Kurzer Arbeitstag: Kingsley Coman vom FC Bayern
+
Kurzer Arbeitstag: Kingsley Coman vom FC Bayern

Sorge um Coman

Fünfzehn Minuten Humpeln

  • Andreas Werner
    vonAndreas Werner
    schließen

Kingsley Coman fällt beim FC Bayern mit einer Kapselverletzung aus - Jupp Heynckes befürchtet aber keine dramatisch lange Pause

München – Es war am Samstag ein kurzer Arbeitstag für Kingsley Coman, und wäre alles unter normalen Umständen verlaufen, wäre er sogar noch beschnitten worden. In der 68. Minute ersetzte der Franzose seinen Landsmann Franck Ribery, doch bereits nach wenigen Minuten hätte er schon wieder vom Feld beordert werden können. Nach einem Foul von Matthew Ledecki konnte Coman, ansonsten nachweislich gut zu Fuß, nur mehr humpeln. Dummerweise hatten die Bayern bereits drei Mal gewechselt.

Wie lange der 21-Jährige pausieren muss, ist unklar. Die erste Diagnose nach den 15 Minuten Humpeln lautete Kapseleinriss, weder Jupp Heynckes noch Hasan Salihamidzic gingen am Samstag von einer langen Pause aus. „Er hat große Probleme, die Bänder sind aber stabil“, so der Coach. „Der Arzt sagt, es wäre keine so schwere Verletzung.“ Ein Ausfall käme auch ungelegen, denn Coman ist in dieser Saison zu einer festen Münchner Größe geworden.

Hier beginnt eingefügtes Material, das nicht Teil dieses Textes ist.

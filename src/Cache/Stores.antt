-- ===== src/Cache/Stores.antt =====
-- The vector database and the tag sets in Redis that app/retrieval/semantic_cache.py calls. They are
-- no part of the repository: records of their calls, with what they are documented to do as laws.
use agentic_rag_claude_code.Prelude.{
  ℕ, ◌≡◌, ◌≢◌, Bool, Option, none, some, List, Text, elem, ltb, In, ◌==◌, if◌then◌else◌,
}
use agentic_rag_claude_code.Citations.{Citation}

-- the payload of a point
pub record Entry : Type 0 where
  pub answer : Text
  pub query_text : Text
  pub collection_ids : List ℕ
  pub document_ids : List ℕ
  pub citations : List Citation
  pub scope_hash : ℕ
  pub created_at : ℕ

-- what a delete by filter leaves of a point
abbrev pub newer : ℕ → Option Entry → Option Entry
newer cutoff none = none
newer cutoff (some e) = if ltb e.created_at cutoff then none else some e

-- `entry s i` is the point i. `query_points` embeds the text, keeps the points of that scope hash
-- which are similar enough, and returns five of them at most; `count_older` counts the points that
-- `delete_older` deletes.
pub record Points : Type 1 where
  pub Store : Type 0
  pub entry : Store → ℕ → Option Entry
  pub collection_exists : Store → Bool
  pub ensure_collection : Store → Store
  pub query_points : ℕ → Text → Store → List (ℕ × Entry)
  pub upsert : ℕ → Text → Entry → Store → Store
  pub delete : List ℕ → Store → Store
  pub count_older : ℕ → Store → ℕ
  pub delete_older : ℕ → Store → Store
  pub entry-query_points :
      (hash : ℕ) (query : Text) (s : Store) (i : ℕ) (e : Entry)
      → In (i, e) (query_points hash query s)
      → entry s i ≡ some e
  pub hash-query_points :
      (hash : ℕ) (query : Text) (s : Store) (i : ℕ) (e : Entry)
      → In (i, e) (query_points hash query s)
      → e.scope_hash ≡ hash
  pub entry-ensure : (s : Store) (i : ℕ) → entry (ensure_collection s) i ≡ entry s i
  pub entry-upsert :
      (i j : ℕ) (query : Text) (e : Entry) (s : Store)
      → entry (upsert i query e s) j ≡ (if j == i then some e else entry s j)
  pub entry-delete :
      (ids : List ℕ) (s : Store) (i : ℕ)
      → entry (delete ids s) i ≡ (if elem i ids then none else entry s i)
  pub entry-delete_older :
      (cutoff : ℕ) (s : Store) (i : ℕ) → entry (delete_older cutoff s) i ≡ newer cutoff (entry s i)

-- cache:coll:<id> and cache:doc:<id>
pub data Tag : Type 0 where
  coll : ℕ → Tag
  doc : ℕ → Tag

pub record Tags : Type 1 where
  pub Store : Type 0
  pub smembers : Tag → Store → List ℕ
  pub sadd : Tag → ℕ → Store → Store
  pub delete : Tag → Store → Store
  pub sadd_keeps :
      (t u : Tag) (i j : ℕ) (s : Store) → In j (smembers u s) → In j (smembers u (sadd t i s))
  pub sadd_adds : (t : Tag) (i : ℕ) (s : Store) → In i (smembers t (sadd t i s))
  pub delete_other : (t u : Tag) (s : Store) → u ≢ t → smembers u (delete t s) ≡ smembers u s
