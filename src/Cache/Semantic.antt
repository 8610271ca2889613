-- ===== src/Cache/Semantic.antt =====
-- The methods of SemanticCache in app/retrieval/semantic_cache.py. `sha256` is the digest of the
-- sorted ids, `evicts` says whether the best-effort delete of a lookup gets through.
use agentic_rag_claude_code.Prelude.{
  ℕ, ◌-◌, ◌*◌, Bool, true, not, ◌&&◌, ◌||◌, Option, none, some, List, [], ◌∷◌, Text, elem, is_empty,
  length, ltb, leb, get_or_else, if◌then◌else◌,
}
use agentic_rag_claude_code.Characters.{CharTable, strip}
use agentic_rag_claude_code.Settings.{Settings}
use agentic_rag_claude_code.Citations.{Citation}
use agentic_rag_claude_code.Auth.Tokens.{second}
use agentic_rag_claude_code.Cache.Stores.{Entry, Points, Tag, coll, doc, Tags}

abbrev pub insert_sorted : ℕ → List ℕ → List ℕ
insert_sorted a [] = a ∷ []
insert_sorted a (b ∷ bs) = if leb a b then a ∷ b ∷ bs else b ∷ insert_sorted a bs

abbrev pub sorted : List ℕ → List ℕ
sorted [] = []
sorted (a ∷ as') = insert_sorted a (sorted as')

-- `a.issubset(b)`
abbrev pub is_subset : List ℕ → List ℕ → Bool
is_subset [] b = true
is_subset (a ∷ as') b = elem a b && is_subset as' b

pub record CacheHit : Type 0 where
  pub answer : Text
  pub query_text : Text
  pub collection_ids : List ℕ
  pub document_ids : List ℕ
  pub citations : List Citation

module _ (points : Points) (tags : Tags) where
  pub record Stores : Type 0 where
    pub vectors : points.Store
    pub tagged : tags.Store

module _ (points : Points) (tags : Tags) (sha256 : List ℕ → ℕ) (table : CharTable)
    (s : Settings) where
  abbrev pub scope_hash : List ℕ → ℕ
  scope_hash collection_ids = sha256 (sorted collection_ids)

  abbrev pub is_stale : ℕ → Entry → Bool
  is_stale now e = ltb (s.semantic_cache_ttl_s * second) (now - e.created_at)

  abbrev pub hit_of : Entry → CacheHit
  hit_of e = record {
    answer = e.answer;
    query_text = e.query_text;
    collection_ids = e.collection_ids;
    document_ids = e.document_ids;
    citations = e.citations;
  }

  -- the loop over the points: the stale ids and the first hit
  unfoldable pub scan_points : ℕ → List ℕ → List (ℕ × Entry) → List ℕ × Option CacheHit
  scan_points now allowed [] = ([], none)
  scan_points now allowed ((i, e) ∷ rest) =
      let (stale, hit) = scan_points now allowed rest in
      if is_stale now e
      then (i ∷ stale, hit)
      else if is_subset e.collection_ids allowed
      then (stale, some (hit_of e))
      else (stale, hit)

  abbrev pub evict_stale : Bool → List ℕ → Stores points tags → Stores points tags
  evict_stale evicts stale w =
      if evicts && not (is_empty stale)
      then record w { vectors = points.delete stale w.vectors }
      else w

  unfoldable pub lookup :
      Bool → ℕ → List ℕ → Text → Stores points tags → Option CacheHit × Stores points tags
  unfolding scan_points
  lookup evicts now allowed query w =
      if is_empty (strip table query) || not (points.collection_exists w.vectors)
      then (none, w)
      else (let found =
            scan_points now allowed (points.query_points (scope_hash allowed) query w.vectors) in
          (found.1, evict_stale evicts found.0 w))

  abbrev pub tag_all : (ℕ → Tag) → ℕ → List ℕ → tags.Store → tags.Store
  tag_all tag entry_id [] t = t
  tag_all tag entry_id (d ∷ ds) t = tag_all tag entry_id ds (tags.sadd (tag d) entry_id t)

  -- `entry_id` is the random UUID of the call; `written` tells that the pipeline of tags gets through.
  -- Where it does not, the call raises behind the upsert, and the point stays without its tags.
  unfoldable pub store :
      Bool
      → ℕ
      → ℕ
      → Text
      → Text
      → List ℕ
      → List ℕ
      → Option (List ℕ)
      → List Citation
      → Stores points tags
      → Stores points tags
  store written now entry_id query answer coll_ids doc_ids requester_scope citations w = record {
    vectors =
        points.upsert entry_id query
          (record {
            answer = answer;
            query_text = query;
            collection_ids = coll_ids;
            document_ids = doc_ids;
            citations = citations;
            scope_hash = scope_hash (get_or_else requester_scope coll_ids);
            created_at = now;
          })
          (points.ensure_collection w.vectors);
    tagged =
        if written
        then tag_all doc entry_id doc_ids (tag_all coll entry_id coll_ids w.tagged)
        else w.tagged;
  }

  unfoldable pub evict : Tag → Stores points tags → ℕ × Stores points tags
  evict tag w =
      let ids = tags.smembers tag w.tagged in
      if is_empty ids then (0, w) else (
        length ids,
        record { vectors = points.delete ids w.vectors; tagged = tags.delete tag w.tagged },
      )

  unfoldable pub invalidate_document : ℕ → Stores points tags → ℕ × Stores points tags
  unfolding evict
  invalidate_document d w = evict (doc d) w

  unfoldable pub invalidate_collection : ℕ → Stores points tags → ℕ × Stores points tags
  unfolding evict
  invalidate_collection c w = evict (coll c) w

  unfoldable pub purge_expired : ℕ → Stores points tags → ℕ × Stores points tags
  purge_expired now w =
      if not (points.collection_exists w.vectors)
      then (0, w)
      else (let cutoff = now - s.semantic_cache_ttl_s * second in
          let before = points.count_older cutoff w.vectors in
          if leb before 0
          then (0, w)
          else (before, record w { vectors = points.delete_older cutoff w.vectors }))
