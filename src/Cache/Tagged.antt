-- ===== src/Cache/Tagged.antt =====
-- The tags of the cache of app/retrieval/semantic_cache.py: every entry is tagged with its documents
-- and collections, which is what the invalidation relies on.
use agentic_rag_claude_code.Prelude.{
  ℕ, ◌≡◌, refl, sym, subst, ◌∙◌, inl, inr, Bool, true, false, Option, none, some, some-injective,
  List, [], ◌∷◌, Text, In, elem, ltb, get_or_else, ◌==◌, ==_iff, if◌then◌else◌, by_test,
}
use agentic_rag_claude_code.Characters.{CharTable}
use agentic_rag_claude_code.Settings.{Settings}
use agentic_rag_claude_code.Citations.{Citation}
use agentic_rag_claude_code.Cache.Stores.{Entry, newer, Points, Tag, coll, doc, Tags}
use agentic_rag_claude_code.Cache.Semantic.{Stores, scope_hash, tag_all, store}

-- the ids of an entry that a tag is about
abbrev pub ids_of : Tag → Entry → List ℕ
ids_of (coll c) e = e.collection_ids
ids_of (doc d) e = e.document_ids

-- the ids that a store with these sources tags with such a tag
abbrev pub named : Tag → List ℕ → List ℕ → List ℕ
named (coll c) cs ds = cs
named (doc d) cs ds = ds

abbrev pub id_of_tag : Tag → ℕ
id_of_tag (coll c) = c
id_of_tag (doc d) = d

module _ (points : Points) (tags : Tags) where
  -- Each entry that the tag is about is in the set of the tag.
  unfoldable pub IsTagged : Tag → Stores points tags → Type 0
  IsTagged t w =
      (i : ℕ) (e : Entry)
      → points.entry w.vectors i ≡ some e
      → In (id_of_tag t) (ids_of t e)
      → In i (tags.smembers t w.tagged)

  -- Every entry of the later points is one of the earlier points.
  abbrev pub Fewer : points.Store → points.Store → Type 0
  Fewer v v' = (i : ℕ) (e : Entry) → points.entry v' i ≡ some e → points.entry v i ≡ some e

  pub Fewer-IsTagged :
      (t : Tag) (w : Stores points tags) (v : points.Store)
      → IsTagged t w
      → Fewer w.vectors v
      → IsTagged t (record w { vectors = v })
  unfolding IsTagged
  Fewer-IsTagged t w v h f i e k m = h i e (f i e k) m

  if_kept :
      (b : Bool) (o : Option Entry) (e : Entry)
      → (if b then none else o) ≡ some e
      → (b ≡ false) × (o ≡ some e)
  if_kept true o e h = cc
  if_kept false o e h = (refl, h)

  pub delete-Fewer : (ids : List ℕ) (v : points.Store) → Fewer v (points.delete ids v)
  delete-Fewer ids v i e h =
      (if_kept (elem i ids) (points.entry v i) e (sym (points.entry-delete ids v i) ∙ h)).1

  newer-kept : (cutoff : ℕ) (o : Option Entry) (e : Entry) → newer cutoff o ≡ some e → o ≡ some e
  newer-kept cutoff none e h = h
  newer-kept cutoff (some d) e h = (if_kept (ltb d.created_at cutoff) (some d) e h).1

  pub delete_older-Fewer : (cutoff : ℕ) (v : points.Store) → Fewer v (points.delete_older cutoff v)
  delete_older-Fewer cutoff v i e h =
      newer-kept cutoff (points.entry v i) e (sym (points.entry-delete_older cutoff v i) ∙ h)

  module _ (sha256 : List ℕ → ℕ) (table : CharTable) (s : Settings) where
    tag_all-keeps :
        (tag : ℕ → Tag) (id : ℕ) (ds : List ℕ) (t : tags.Store) (u : Tag) (j : ℕ)
        → In j (tags.smembers u t)
        → In j (tags.smembers u (tag_all points tags sha256 table s tag id ds t))
    tag_all-keeps tag id [] t u j m = m
    tag_all-keeps tag id (d ∷ ds) t u j m =
        tag_all-keeps tag id ds (tags.sadd (tag d) id t) u j (tags.sadd_keeps (tag d) u id j t m)

    tag_all-adds :
        (tag : ℕ → Tag) (id : ℕ) (ds : List ℕ) (t : tags.Store) (d : ℕ)
        → In d ds
        → In id (tags.smembers (tag d) (tag_all points tags sha256 table s tag id ds t))
    tag_all-adds tag id [] t d m = elim m [ ]
    tag_all-adds tag id (x ∷ ds) t d (inl e) =
        tag_all-keeps tag id ds (tags.sadd (tag x) id t) (tag d) id (
          subst (λ d. In id (tags.smembers (tag d) (tags.sadd (tag x) id t))) (sym e)
            (tags.sadd_adds (tag x) id t))
    tag_all-adds tag id (x ∷ ds) t d (inr m) = tag_all-adds tag id ds (tags.sadd (tag x) id t) d m

    pub store-IsTagged :
        (written : Bool) (now id : ℕ) (query answer : Text) (cs ds : List ℕ)
        (scope : Option (List ℕ)) (citations : List Citation) (t : Tag) (w : Stores points tags)
        → (In (id_of_tag t) (named t cs ds) → written ≡ true)
        → IsTagged t w
        → IsTagged t
            (store points tags sha256 table s written now id query answer cs ds scope citations w)
    unfolding IsTagged store
    store-IsTagged written now id query answer cs ds scope citations t w safe h i e k m =
        which (i == id) refl (sym (points.entry-upsert id i query new v) ∙ k)
      where
        v : points.Store
        v = points.ensure_collection w.vectors

        new : Entry
        new = record {
          answer = answer;
          query_text = query;
          collection_ids = cs;
          document_ids = ds;
          citations = citations;
          scope_hash = scope_hash points tags sha256 table s (get_or_else scope cs);
          created_at = now;
        }

        all_tags : tags.Store
        all_tags =
            tag_all points tags sha256 table s doc id ds
              (tag_all points tags sha256 table s coll id cs w.tagged)

        own : (t : Tag) → In (id_of_tag t) (named t cs ds) → In id (tags.smembers t all_tags)
        own (doc d) m =
            tag_all-adds doc id ds (tag_all points tags sha256 table s coll id cs w.tagged) d m
        own (coll c) m =
            tag_all-keeps doc id ds (tag_all points tags sha256 table s coll id cs w.tagged)
              (coll c) id (tag_all-adds coll id cs w.tagged c m)

        names_new : (t : Tag) → In (id_of_tag t) (ids_of t new) → In (id_of_tag t) (named t cs ds)
        names_new (coll c) m = m
        names_new (doc d) m = m

        if_written :
            (b : Bool)
            → b ≡ true
            → In id (tags.smembers t all_tags)
            → In id (tags.smembers t (if b then all_tags else w.tagged))
        if_written true q m = m
        if_written false q m = cc

        which :
            (b : Bool)
            → (i == id) ≡ b
            → (if b then some new else points.entry v i) ≡ some e
            → In i (tags.smembers t (if written then all_tags else w.tagged))
        which true q k =
            let about_new = names_new t (
              subst (λ (e : Entry). In (id_of_tag t) (ids_of t e)) (sym (some-injective _ _ k))
                m) in
            subst (λ i. In i (tags.smembers t (if written then all_tags else w.tagged)))
              (sym ((==_iff i id).0 q)) (if_written written (safe about_new) (own t about_new))
        which false q k =
            let old = h i e (sym (points.entry-ensure w.vectors i) ∙ k) m in
            by_test (λ (u : tags.Store). In i (tags.smembers t u)) written
              (tag_all-keeps doc id ds (tag_all points tags sha256 table s coll id cs w.tagged) t i
                (tag_all-keeps coll id cs w.tagged t i old))
              old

Auch beim 0:0 gegen Hertha wurde wieder einmal deutlich, dass die Zeit von Ribery abläuft, der bald 35-Jährige arbeitete sich wie immer vorbildlich auf, setzte sich aber kaum nennenswert durch. „Er hat sich reingehauen, hat eine große Chance gehabt und seine Sache ordentlich gemacht“, sagte Salihamidzic. „Es geht darum, dass sich alle reinhauen und Vollgas geben. Das macht Franck, deswegen: Einfach weitermachen.“ Fällt Coman länger aus, ist man ohnehin auf Ribery angewiesen. „Er hat versucht, der Mannschaft zu helfen, und sich aufgeopfert, er ist ein Super-Junge“, meinte der Sportchef unterdessen über Coman, „er hat das gemacht, was ging.“ Zu welchem Preis, wird sich zeigen.